Mateo Carlos M, Corrales Juan A, Mezouar Youcef
UMR6602 Institut Pascal (IP), Université Clermont Auvergne, SIGMA Clermont, Clermont-Ferrand, France.
Front Robot AI. 2021 Feb 18;7:600387. doi: 10.3389/frobt.2020.600387. eCollection 2020.

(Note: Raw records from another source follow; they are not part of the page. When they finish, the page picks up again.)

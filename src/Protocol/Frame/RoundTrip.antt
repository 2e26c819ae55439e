-- ===== src/Protocol/Frame/RoundTrip.antt =====
-- What `decode` does with the bytes that `encode` wrote.
use rstmdb.Base.{
  ℕ, ◌+◌, ◌%◌, ◌<◌, ◌≤◌, ◌^◌, ◌≡◌, refl, sym, append_assoc, some, List, ◌++◌, arith, length,
  take-append, drop-append, length-append,
}
use rstmdb.Base.Bytes.{put_be, from_be-put_be}
use rstmdb.Base.Result.{ok}
use rstmdb.Protocol.Frame.{
  FrameFlags, frame_magic, Frame, layout, encode, decode, decode_body, decode_lengths, from_bits,
  crc_of, max_payload_size, protocol_version,
}

-- A frame of version 1 whose fields fit the words of the header.
pub record IsValid (f : Frame) : Type 0 where
  pub version : f.version ≡ protocol_version
  pub flags : f.flags.bits < 16
  pub extension : length f.header_extension < 2 ^ 16
  pub payload : length f.payload ≤ max_payload_size

module _ (crc : List ℕ → ℕ) where
  header : ℕ → ℕ → ℕ → ℕ → ℕ → List ℕ → List ℕ
  header version flags header_len payload_len c tail =
      frame_magic
      ++ (put_be 2 version
          ++ (put_be 2 flags
              ++ (put_be 2 header_len ++ (put_be 4 payload_len ++ (put_be 4 c ++ tail)))))

  read_lengths :
      (flags : FrameFlags) (version bits header_len payload_len c : ℕ) (tail : List ℕ)
      → header_len < 2 ^ 16
      → payload_len ≤ max_payload_size
      → c < 2 ^ 32
      → header_len + payload_len ≤ length tail
      → decode_lengths crc (ok flags) (header version bits header_len payload_len c tail)
        ≡ decode_body crc flags header_len payload_len c tail
  unfolding decode_lengths header put_be
  read_lengths flags version bits header_len payload_len c tail h p k l =
      ground (arith, from_be-put_be 2 header_len, from_be-put_be 4 payload_len, from_be-put_be 4 c)

  read_header :
      (flags : FrameFlags) (header_len payload_len c : ℕ) (tail : List ℕ)
      → flags.bits < 16
      → decode crc (header protocol_version flags.bits header_len payload_len c tail)
        ≡ decode_lengths crc
            (ok flags)
            (header protocol_version flags.bits header_len payload_len c tail)
  unfolding decode header put_be from_bits
  read_header flags header_len payload_len c tail h =
      ground (arith, from_be-put_be 2 protocol_version, from_be-put_be 2 flags.bits)

  body :
      (f : Frame) (rest : List ℕ)
      → IsValid f
      → decode_body crc f.flags
          (length f.header_extension)
          (length f.payload)
          (crc_of crc f)
          (f.header_extension ++ (f.payload ++ rest))
        ≡ (ok (some f), rest)
  unfolding decode_body crc_of
  body f rest v = rw (take-append, drop-append, take-append, drop-append) (ground arith)

  layout-header :
      (f : Frame) (rest : List ℕ)
      → IsValid f
      → layout crc f ++ rest
        ≡ header protocol_version f.flags.bits
            (length f.header_extension)
            (length f.payload)
            (crc_of crc f)
            (f.header_extension ++ (f.payload ++ rest))
  unfolding layout header
  layout-header f rest v =
      let small : length f.header_extension % 65536 ≡ length f.header_extension = omega arith in
      let small' : length f.payload % 4294967296 ≡ length f.payload = omega arith in
      rw (small, small', v.version, sym (append_assoc f.header_extension f.payload rest)) refl

  crc_of-word : (f : Frame) → crc f.payload < 2 ^ 32 → crc_of crc f < 2 ^ 32
  unfolding crc_of
  crc_of-word f h = ground arith

  pub read_layout :
      (f : Frame) (rest : List ℕ)
      → IsValid f
      → crc f.payload < 2 ^ 32
      → decode crc (layout crc f ++ rest) ≡ (ok (some f), rest)
  read_layout f rest v h =
      rw
        (
          layout-header f rest v,
          read_header f.flags (length f.header_extension) (length f.payload) (crc_of crc f)
              (f.header_extension ++ (f.payload ++ rest)) v.flags,
          read_lengths f.flags protocol_version f.flags.bits (length f.header_extension)
              (length f.payload) (crc_of crc f) (f.header_extension ++ (f.payload ++ rest))
              v.extension v.payload (crc_of-word f h)
              (omega (
                arith,
                length-append f.header_extension (f.payload ++ rest),
                length-append f.payload rest,
              )),
        )
        (body f rest v)

  -- What `encode` writes for a version 1 frame with valid flags, an extension below 64 KiB, a
  -- payload within the limit and a checksum of 32 bits is decoded to the frame, and the bytes
  -- that follow are left.
  pub decode-encode :
      (f : Frame) (bytes rest : List ℕ)
      → IsValid f
      → crc f.payload < 2 ^ 32
      → encode crc f ≡ ok bytes
      → decode crc (bytes ++ rest) ≡ (ok (some f), rest)
  unfolding encode
  decode-encode f bytes rest v h e =
      let same : bytes ≡ layout crc f = ground (arith, e, v.payload) in
      rw same (read_layout f rest v h)
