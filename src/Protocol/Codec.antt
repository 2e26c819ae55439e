-- ===== src/Protocol/Codec.antt =====
-- rstmdb-protocol/src/codec.rs: messages as frames and as lines. The JSON and UTF-8 of a message
-- are functions of crates, parameters.
pub mod Stream
use rstmdb.Base.{
  ℕ, Bool, true, false, Option, none, some, List, [], ◌∷◌, ◌++◌, eqb, if◌then◌else◌, length,
}
use rstmdb.Base.Result.{Result, ok, err, ◌>>=◌}
use rstmdb.Protocol.Frame.{Frame, ProtocolError, new_frame, encode, decode, json, invalid_utf8}

-- `serde_json::to_vec`, and `from_utf8` with `from_str`, of the messages of one type
pub record Messages (M : Type 0) : Type 0 where
  pub crc32c : List ℕ → ℕ
  pub to_vec : M → Option (List ℕ)
  pub is_utf8 : List ℕ → Bool
  pub from_str : List ℕ → Option M

pub record Decoder : Type 0 where
  pub buffer : List ℕ

unfoldable pub new : Decoder
new = record { buffer = [] }

unfoldable pub extend : Decoder → List ℕ → Decoder
extend d bytes = record { buffer = d.buffer ++ bytes }

unfoldable pub buffered : Decoder → ℕ
buffered d = length d.buffer

unfoldable pub clear : Decoder → Decoder
clear d = record { buffer = [] }

-- The bytes up to the first newline, and those after it.
unfoldable pub split_line : List ℕ → Option (List ℕ × List ℕ)
split_line [] = none
split_line (b ∷ bs) =
    let rest = split_line bs in
    if eqb b 10 then some ([], bs) else elim rest [ none ↦ none | some e ↦ some (b ∷ e.0, e.1) ]

module _ {M : Type 0} (messages : Messages M) where
  open messages use {crc32c, to_vec, is_utf8, from_str}

  -- `Frame::from_json`
  unfoldable pub from_json : M → Result ProtocolError Frame
  from_json m = elim (to_vec m) [ none ↦ err json | some payload ↦ ok (new_frame payload) ]

  -- `encode_request`, `encode_response` and `encode_json`
  unfoldable pub encode_message : M → Result ProtocolError (List ℕ)
  unfolding from_json
  encode_message m = from_json m >>= λ frame. encode crc32c frame

  unfoldable pub decode_frame : Decoder → Result ProtocolError (Option Frame) × Decoder
  decode_frame d = let (r, buffer) = decode crc32c d.buffer in (r, record { buffer = buffer })

  -- A payload as a message.
  unfoldable pub parse : List ℕ → Result ProtocolError (Option M)
  parse payload =
      if is_utf8 payload
      then elim (from_str payload) [ none ↦ err json | some m ↦ ok (some m) ]
      else err invalid_utf8

  unfoldable pub of_frame : Result ProtocolError (Option Frame) → Result ProtocolError (Option M)
  unfolding parse
  of_frame (err e) = err e
  of_frame (ok none) = ok none
  of_frame (ok (some frame)) = parse frame.payload

  -- `decode_request` and `decode_response`
  unfoldable pub decode_message : Decoder → Result ProtocolError (Option M) × Decoder
  unfolding decode_frame of_frame
  decode_message d = let (r, d') = decode_frame d in (of_frame r, d')

  -- `jsonl::encode`
  unfoldable pub encode_line : M → Result ProtocolError (List ℕ)
  encode_line m = elim (to_vec m) [ none ↦ err json | some bytes ↦ ok (bytes ++ (10 ∷ [])) ]

  -- `LineDecoder::decode_line`, on the buffer
  unfoldable pub decode_line : List ℕ → Result ProtocolError (Option M) × List ℕ
  unfolding split_line parse
  decode_line buffer = elim (split_line buffer) [
    | none ↦ (ok none, buffer)
    | some e ↦ (parse e.0, e.1)
  ]
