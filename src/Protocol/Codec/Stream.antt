-- ===== src/Protocol/Codec/Stream.antt =====
-- A stream of encoded messages is decoded one after the other.
use rstmdb.Base.{
  ℕ, ◌<◌, ◌≤◌, ◌^◌, ◌≡◌, refl, append_assoc, arith, true, some, List, [], ◌∷◌, ◌++◌, length,
}
use rstmdb.Base.Result.{ok}
use rstmdb.Protocol.Frame.{new_frame, layout, max_payload_size, no_flags, with_crc, encode}
use rstmdb.Protocol.Frame.RoundTrip.{IsValid, read_layout}
use rstmdb.Protocol.Codec.{
  Messages, Decoder, encode_message, decode_message, decode_frame, of_frame, parse, from_json,
}

module _ {M : Type 0} (messages : Messages M) where
  open messages use {crc32c, to_vec, is_utf8, from_str}

  -- A message whose JSON `payload` is read back as the message, and fits a frame.
  pub record IsSent (m : M) (payload : List ℕ) : Type 0 where
    pub written : to_vec m ≡ some payload
    pub utf8 : is_utf8 payload ≡ true
    pub read : from_str payload ≡ some m
    pub fits : length payload ≤ max_payload_size
    pub checksum : crc32c payload < 2 ^ 32

  new_frame-IsValid :
      (payload : List ℕ) → length payload ≤ max_payload_size → IsValid (new_frame payload)
  unfolding new_frame no_flags with_crc
  new_frame-IsValid payload h = record {
    version = refl;
    flags = omega arith;
    extension = omega arith;
    payload = h;
  }

  read_message :
      (m : M) (payload rest : List ℕ)
      → IsSent m payload
      → decode_message messages (record { buffer = layout crc32c (new_frame payload) ++ rest })
        ≡ (ok (some m), record { buffer = rest })
  unfolding decode_message decode_frame of_frame parse new_frame
  read_message m payload rest s =
      rw
        (
          read_layout crc32c (new_frame payload) rest (new_frame-IsValid payload s.fits) s.checksum,
          s.utf8,
          s.read,
        )
        refl

  written_layout :
      (m : M) (payload : List ℕ)
      → IsSent m payload
      → encode_message messages m ≡ ok (layout crc32c (new_frame payload))
  unfolding encode_message encode from_json new_frame
  written_layout m payload s = rw (s.written, from_json, encode_message) (ground (arith, s.fits))

  -- What a sender writes for a list of messages.
  pub data Wrote : List M → List ℕ → Type 0 where
    nothing : Wrote [] []
    wrote :
        {m : M} {payload bytes : List ℕ} {ms : List M} {more : List ℕ}
        → IsSent m payload
        → encode_message messages m ≡ ok bytes
        → Wrote ms more
        → Wrote (m ∷ ms) (bytes ++ more)

  -- The calls of `decode_message` on one decoder return these messages.
  pub data Reads : Decoder → List M → Decoder → Type 0 where
    stop : {d : Decoder} → Reads d [] d
    next :
        {d d' d'' : Decoder} {m : M} {ms : List M}
        → decode_message messages d ≡ (ok (some m), d')
        → Reads d' ms d''
        → Reads d (m ∷ ms) d''

  first :
      (m : M) (payload bytes rest : List ℕ)
      → IsSent m payload
      → encode_message messages m ≡ ok bytes
      → decode_message messages (record { buffer = bytes ++ rest })
        ≡ (ok (some m), record { buffer = rest })
  first m payload bytes rest s e =
      let same : bytes ≡ layout crc32c (new_frame payload) = cc (e, written_layout m payload s) in
      rw same (read_message m payload rest s)

  -- A decoder whose buffer holds what a sender wrote for a list of messages returns just these
  -- messages, in their order, and keeps the bytes that follow.
  pub decode_message-Wrote :
      {ms : List M} {bytes : List ℕ} (rest : List ℕ)
      → Wrote ms bytes
      → Reads (record { buffer = bytes ++ rest }) ms (record { buffer = rest })
  decode_message-Wrote rest nothing = stop
  decode_message-Wrote rest (wrote {m} {payload} {bytes} {ms} {more} s e w) =
      next (rw (append_assoc bytes more rest) (first m payload bytes (more ++ rest) s e))
        (decode_message-Wrote rest w)

  -- A message whose JSON `payload` is read back as the message.
  pub record IsReadBack (m : M) (payload : List ℕ) : Type 0 where
    pub written : to_vec m ≡ some payload
    pub utf8 : is_utf8 payload ≡ true
    pub read : from_str payload ≡ some m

This paper presents a novel approach to implement hierarchical, dense and dynamic reconstruction of 3D objects based on the VDB (Variational Dynamic B + Trees) data structure for robotic applications. The scene reconstruction is done by the integration of depth-images using the Truncated Signed Distance Field (TSDF). The proposed reconstruction method is based on dynamic trees in order to provide similar reconstruction results to the current state-of-the-art methods (i.e., complete volumes, hashing voxels and hierarchical volumes) in terms of execution time but with a direct multi-level representation that remains real-time. This representation provides two major advantages: it is a hierarchical and unbounded space representation. The proposed method is optimally implemented to be used on a GPU architecture, exploiting the parallelism skills of this hardware. A series of experiments will be presented to prove the performance of this approach in a robot arm platform.
本文提出了一种基于VDB(变分动态B+树)数据结构的新颖方法,用于机器人应用中实现3D物体的分层、密集和动态重建。场景重建通过使用截断符号距离场(TSDF)对深度图像进行融合来完成。所提出的重建方法基于动态树,以便在执行时间方面提供与当前最先进方法(即完整体积、哈希体素和分层体积)相似的重建结果,但具有直接的多级表示且保持实时性。这种表示提供了两个主要优点:它是一种分层且无界的空间表示。所提出的方法经过优化,可在GPU架构上使用,利用该硬件的并行技能。将展示一系列实验,以证明该方法在机器人手臂平台上的性能。